Doch dafür war es jetzt zu spät. Sie setzte ein Lächeln auf, riss sich zusammen und war voll in ihrem Element, als sie zu erzählen anfing.

„Wir machen sehr gute Fortschritte. Die Ausschüttung der Neurotransmitter erfolgt sehr viel präziser, was auch die neuesten Testergebnisse zeigen. Außerdem haben wir die Verbindung zwischen den verschiedenen Hirnregionen und dem Chip deutlich verbessern können."

„Also zeigen die Testpersonen weniger Anzeichen von Nebenwirkungen?", fragte der Herr, der als Mr. Garcia vorgestellt wurde. Seine Frage verwirrte Anna jedoch. Es wurden noch keine Tests an Menschen durchgeführt. Dafür wäre es noch zu früh – auch, wenn die Zeit drängte, da der Veröffentlichkeitstermin des neuen Chips immer näher rückte. Leicht verunsichert schaute sie zu Evelyn.

„Natürlich, Mr.
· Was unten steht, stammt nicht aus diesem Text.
-- ===== src/Workflow/Completes.antt =====
-- agent_control/workflow/scheduler.py: the futures of a round of `run` when every executor succeeds.
use freaky_monkey.Base.{
  ℕ, zero, suc, String, Bool, true, false, Option, none, some, List, [], ◌∷◌, ◌≡◌, ◌≢◌, refl, ap,
  ◌∙◌, subst, arith, not, ◌&&◌, All, get_elem?, str_eq, eq_iff, inl, inr, Bool-cases, Option-cases,
}
use freaky_monkey.Base.Dict.{insert}
use freaky_monkey.Workflow.Status.{StepStatus, is_completed}
use freaky_monkey.Workflow.Model.{WorkflowStep, Workflow}
use freaky_monkey.Workflow.Locks.{LockManager, owner, owned_by, IsConsistent}
use freaky_monkey.Workflow.Ready.{ok, ◌>>=◌}
use freaky_monkey.Workflow.Run.{
  Payload, Outcome, returned, threw, Environment, RunState, finish, verified,
}
use freaky_monkey.Workflow.Rounds.{receive, after_outcome, complete, complete_all}
use freaky_monkey.Workflow.Dispatch.{key_is}
use freaky_monkey.Workflow.Follows.{
  Follows, Follows-refl, Follows-trans, Follows-IsDone, IsDone, ended, after_outcome-Follows,
  static,
}
use freaky_monkey.Workflow.Freed.{owner-release, released, holds}
use freaky_monkey.Workflow.Contexts.{Within, context_with-Within}

-- Every future that was submitted arrives.
abbrev pub YieldsAll : Environment → Type 1
YieldsAll env =
    (round : ℕ) (futures : List ℕ) (P : ℕ → Type 0)
    → All P (env.arrival round futures)
    → All P futures

-- Every executor answers COMPLETED with the verdict PASS, nobody cancels, and every future that was
-- submitted arrives, in any order.
pub record IsCooperative (env : Environment) : Type 1 where
  pub succeeds :
      (round : ℕ) (s : WorkflowStep)
      → (p : Payload) × (env.executor round s ≡ returned p) × (verified (finish s p) ≡ true)
  pub cancels : (round : ℕ) → env.cancels round ≡ false
  pub interrupts : (round : ℕ) → env.interrupts round ≡ false
  pub arrives : YieldsAll env

receive-context :
    (w : Workflow) (i : ℕ) (s : WorkflowStep) (p : Payload)
    → Within w.context (receive w i s p).context
unfolding receive
receive-context w i s p k h = elim (Bool-cases (verified (finish s p))) [
  | inl passed ↦ rw (passed, receive) (context_with-Within p w.context k h)
  | inr other ↦ rw (other, receive) h
]

receive-cancel :
    (w : Workflow) (i : ℕ) (s : WorkflowStep) (p : Payload)
    → ((receive w i s p).cancel_requested ≡ w.cancel_requested)
      × ((receive w i s p).status ≡ w.status)
unfolding receive
receive-cancel w i s p = ground arith

after_outcome-context :
    (w : Workflow) (i : ℕ) (s : WorkflowStep) (o : Outcome)
    → Within w.context (after_outcome w i s o).context
after_outcome-context w i s (returned p) k h = receive-context w i s p k h
after_outcome-context w i s (threw message) k h = h

after_outcome-cancel :
    (w : Workflow) (i : ℕ) (s : WorkflowStep) (o : Outcome)
    → ((after_outcome w i s o).cancel_requested ≡ w.cancel_requested)
      × ((after_outcome w i s o).status ≡ w.status)
after_outcome-cancel w i s (returned p) = receive-cancel w i s p
after_outcome-cancel w i s (threw message) = (refl, refl)

-- The node at a position does not hold the resource for its owner any more.
abbrev freed : Option String → String → String → Option WorkflowStep → Bool
freed o r node none = true
freed o r node (some s) = not (holds r node s && owned_by o node)

abbrev pub IsFreed : LockManager → String → String → List WorkflowStep → ℕ → Type 0
IsFreed m r node ss i = freed (owner m r) r node (get_elem? ss i) ≡ true

-- What some futures have done to the state.
pub record Completes (settles : StepStatus → Bool) (st st1 : RunState) : Type 0 where
  pub steps : Follows settles st.workflow.steps st1.workflow.steps
  pub locks : IsConsistent st1.locks
  pub lost :
      (r node : String)
      → r ≢ ""
      → owned_by (owner st.locks r) node ≡ false
      → owned_by (owner st1.locks r) node ≡ false
  pub context : Within st.workflow.context st1.workflow.context
  pub cancel : st1.workflow.cancel_requested ≡ st.workflow.cancel_requested
  pub status : st1.workflow.status ≡ st.workflow.status

Completes-refl :
    (settles : StepStatus → Bool) (st : RunState) → IsConsistent st.locks → Completes settles st st
Completes-refl settles st h = record {
  steps = Follows-refl settles st.workflow.steps;
  locks = h;
  lost = λ r node _ gone. gone;
  context = λ k there. there;
  cancel = refl;
  status = refl;
}

Completes-trans :
    (settles : StepStatus → Bool) (st st1 st2 : RunState)
    → Completes settles st st1
    → Completes settles st1 st2
    → Completes settles st st2
Completes-trans settles st st1 st2 h k = record {
  steps =
      Follows-trans settles st.workflow.steps st1.workflow.steps st2.workflow.steps h.steps k.steps;
  locks = k.locks;
  lost = λ r node named gone. k.lost r node named (h.lost r node named gone);
  context = λ key there. k.context key (h.context key there);
  cancel = k.cancel ∙ h.cancel;
  status = k.status ∙ h.status;
}

released-lost :
    (m : LockManager) (key : Option String) (id q node : String)
    → owned_by (owner m q) node ≡ false
    → owned_by (released m key id q) node ≡ false
released-lost m key id q node h = ground arith

released-freed :
    (m : LockManager) (key : Option String) (id q node : String)
    → (key_is q key && str_eq id node) ≡ true
    → owned_by (released m key id q) node ≡ false
released-freed m key id q node h = elim (Bool-cases (owned_by (owner m q) id)) [
  | inl own ↦ ground (arith, own)
  | inr other ↦
      subst (λ k. owned_by (released m key id q) k ≡ false) ((eq_iff id node).0 (ground arith))
        (ground (arith, other))
]

-- Whatever an executor answers, its node settles.
abbrev pub IsSettling : (StepStatus → Bool) → Environment → Type 0
IsSettling settles env =
    (round : ℕ) (s : WorkflowStep) → settles (ended s (env.executor round s)).status ≡ true

module _ (settles : StepStatus → Bool) (env : Environment) (round : ℕ)
    (settling : IsSettling settles env) where
  complete-Completes :
      (st : RunState) (i : ℕ)
      → IsConsistent st.locks
      → (st1 : RunState) × (complete env round st i ≡ ok st1)
        × Completes settles st st1
        × IsDone settles st1.workflow.steps i
        × ((r node : String) → r ≢ "" → IsFreed st1.locks r node st.workflow.steps i)
  unfolding complete
  complete-Completes st i h = elim (Option-cases (get_elem? st.workflow.steps i)) [
    | inl absent ↦ (
      st,
      ground (arith, absent),
      Completes-refl settles st h,
      rw absent refl,
      λ r node named. rw absent refl,
    )
    | inr (s, found) ↦
        let o = env.executor round s in
        let (m', e, c, f) = owner-release st.locks s.resource_key s.step_id h in
        let (follows, is_done) =
          after_outcome-Follows settles st.workflow i s o found (settling round s) in
        (
          record {
            workflow = after_outcome st.workflow i s o;
            results = insert s.step_id o st.results;
            locks = m';
          },
          rw (found, e, complete) refl,
          record {
            steps = follows;
            locks = c;
            lost = λ r node named gone.
                rw (f r named) (released-lost st.locks s.resource_key s.step_id r node gone);
            context = after_outcome-context st.workflow i s o;
            cancel = (after_outcome-cancel st.workflow i s o).0;
            status = (after_outcome-cancel st.workflow i s o).1;
          },
          is_done,
          λ r node named.
              rw (found, f r named)
                (elim (Bool-cases (holds r node s)) [
                  | inl held ↦
                      ground
                        (arith, held, released-freed st.locks s.resource_key s.step_id r node held)
                  | inr other ↦ ground (arith, other)
                ]),
        )
  ]

Follows-IsFreed :
    (settles : StepStatus → Bool) (m : LockManager) (r node : String) (ss ts : List WorkflowStep)
    (i : ℕ)
    → Follows settles ss ts
    → IsFreed m r node ts i
    → IsFreed m r node ss i
Follows-IsFreed settles m r node [] [] i h k = k
Follows-IsFreed settles m r node (s ∷ ss) (t ∷ ts) zero h k = same_holds (h.0.0)
  where
    same_holds : static t ≡ static s → freed (owner m r) r node (some s) ≡ true
    same_holds e = ground (arith, e, k)
Follows-IsFreed settles m r node (s ∷ ss) (t ∷ ts) (suc i) h k =
    Follows-IsFreed settles m r node ss ts i h.1 k
Follows-IsFreed settles m r node [] (t ∷ ts) i h k = absurd h
Follows-IsFreed settles m r node (s ∷ ss) [] i h k = absurd h

-- What is freed stays freed.
lost-IsFreed :
    (m m' : LockManager) (r node : String) (o : Option WorkflowStep)
    → (owned_by (owner m r) node ≡ false → owned_by (owner m' r) node ≡ false)
    → freed (owner m r) r node o ≡ true
    → freed (owner m' r) r node o ≡ true
lost-IsFreed m m' r node none lost h = refl
lost-IsFreed m m' r node (some s) lost h = elim (Bool-cases (owned_by (owner m r) node)) [
  | inl own ↦ ground (arith, own)
  | inr gone ↦ ground (arith, lost gone)
]

All-through : {P Q : ℕ → Type 0} (is : List ℕ) → ((i : ℕ) → P i → Q i) → All P is → All Q is
All-through [] f h = tt
All-through (i ∷ is) f h = (f i h.0, All-through is f h.1)

-- All futures of a round: each node has settled and has given its resource back.
pub complete_all-Completes :
    (settles : StepStatus → Bool) (env : Environment) (round : ℕ)
    → IsSettling settles env
    → (is : List ℕ) (st : RunState) → IsConsistent st.locks
    → (st1 : RunState) × (complete_all env round st is ≡ ok st1)
      × Completes settles st st1
      × All (IsDone settles st1.workflow.steps) is
      × ((r node : String) → r ≢ "" → All (IsFreed st1.locks r node st.workflow.steps) is)
unfolding complete_all
complete_all-Completes settles env round settling [] st h =
    (st, refl, Completes-refl settles st h, tt, λ r node named. tt)
complete_all-Completes settles env round settling (i ∷ is) st h =
    let (st1, e, one, done_one, freed_one) = complete-Completes settles env round settling st i h in
    let (st2, e', rest, done_rest, freed_rest) =
      complete_all-Completes settles env round settling is st1 one.locks in
    (
      st2,
      ap (λ r. r >>= λ st'. complete_all env round st' is) e ∙ e',
      Completes-trans settles st st1 st2 one rest,
      (
        Follows-IsDone settles st1.workflow.steps st2.workflow.steps i rest.steps done_one,
        done_rest,
      ),
      λ r node named. (
        lost-IsFreed st1.locks st2.locks r node (get_elem? st.workflow.steps i)
            (rest.lost r node named) (freed_one r node named),
        All-through is
            (λ j.
              Follows-IsFreed settles st2.locks r node st.workflow.steps st1.workflow.steps j
                one.steps)
            (freed_rest r node named),
      ),
    )

-- What succeeds settles as COMPLETED.
pub verified-completed : (s : WorkflowStep) → verified s ≡ true → is_completed s.status ≡ true
unfolding verified
verified-completed s h = ground arith

pub succeeds-IsSettling : (env : Environment) → IsCooperative env → IsSettling is_completed env
succeeds-IsSettling env coop round s =
    let (p, answer, good) = coop.succeeds round s in
    ap (λ o. is_completed (ended s o).status) answer ∙ verified-completed (finish s p) good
Garcia. Gerade diese Ergebnisse haben sich deutlich verbessert. Außerdem ist Ms. Scott im stetigen Austausch mit unseren Programmierern und Hirnspezialisten", antwortete Dr. Brown und nickte Anna anschließend kaum merklich zu. Doch da Anna schon seit einiger Zeit für sie arbeitete, bemerkte sie es und übernahm wieder.

„Genau. Es entstand nämlich die Idee, dass wir mehrere Messstationen in den Chip einbauen. Dadurch können gleichzeitig die Werte der Amygdala, des Hypothalamus und Hippocampus gemessen werden. Diese Daten werden dann zusammen ausgewertete, wodurch eine genauere Stimulierung der Hirnregionen erfolgen kann. Im Austausch mit unseren Programmierern und Spezialisten für das menschliche Gehirn, ermitteln wir die Höhe der Elektroimpulse", führte sie näher aus.

„Sie wissen aber schon, dass jedes Gehirn anders darauf reagiert?" Diese Zwischenfrage kam von Ms. Nelson, die eher uninteressiert wirkte. Dr. Brown hatte Anna in ihrer Präsentation die gleiche Frage gestellt.

„Natürlich. Zunächst wird auch nur eine Bandbreite ermittelt. Wir führen vor dem Eingriff einiges an Tests mit unseren Kunden durch. Wir fügen noch einen hinzu, um die ideale Stärke der Impulse individuell für jeden Kunden herauszufinden", erwiderte sie.

Die anderen drei nickten diese Antwort ab, während Ms. Nelson sich scheinbar dadurch vorgeführt und persönlich angegriffen fühlte.

„Wirkt der Chip auch gegen Unpünktlichkeit?", giftete sie und erinnerte Anna mit diesem Verhalten eher an die Beliebtheitskriege an einer High-School. Mr. Nelson schien das schon zu kennen, denn er legte ihr nur beruhigend die Hand auf den Arm.

„Wenn Sie mir bitte folgen würden. Die restlichen Details besprechen wir in meinem Büro", ergriff Evelyn das Wort und deutete nach hinten rechts. Die Gäste machten sich auf den Weg. Ehe Evelyn ihnen folgte, wandte sie sich nochmal an Anna.

„Wie konnten Sie nur zu spät kommen? Nach dem Gespräch mit unseren Gästen, kommen Sie sofort in mein Büro!" Damit folgte sie dem Besuch und ließ Anna stehen.

Sie war froh einen Moment für sich zu haben. Was genau war hier gerade passiert? Ihr Zu-Spät-Kommen würde noch ein Nachspiel haben. Dr. Evelyns Tonfall konnte nichts Gutes bedeuten. Außerdem ließ sie die Frage von Mr. Garcia nach den Testpersonen nicht mehr in Ruhe. Was hatte das alles zu bedeuten? Es würden doch nicht etwa an Menschen... nein. Anna schüttelte vehement den Kopf, bevor sie in ihr Labor ging. Es konnte sich nur um ein Missverständnis handeln.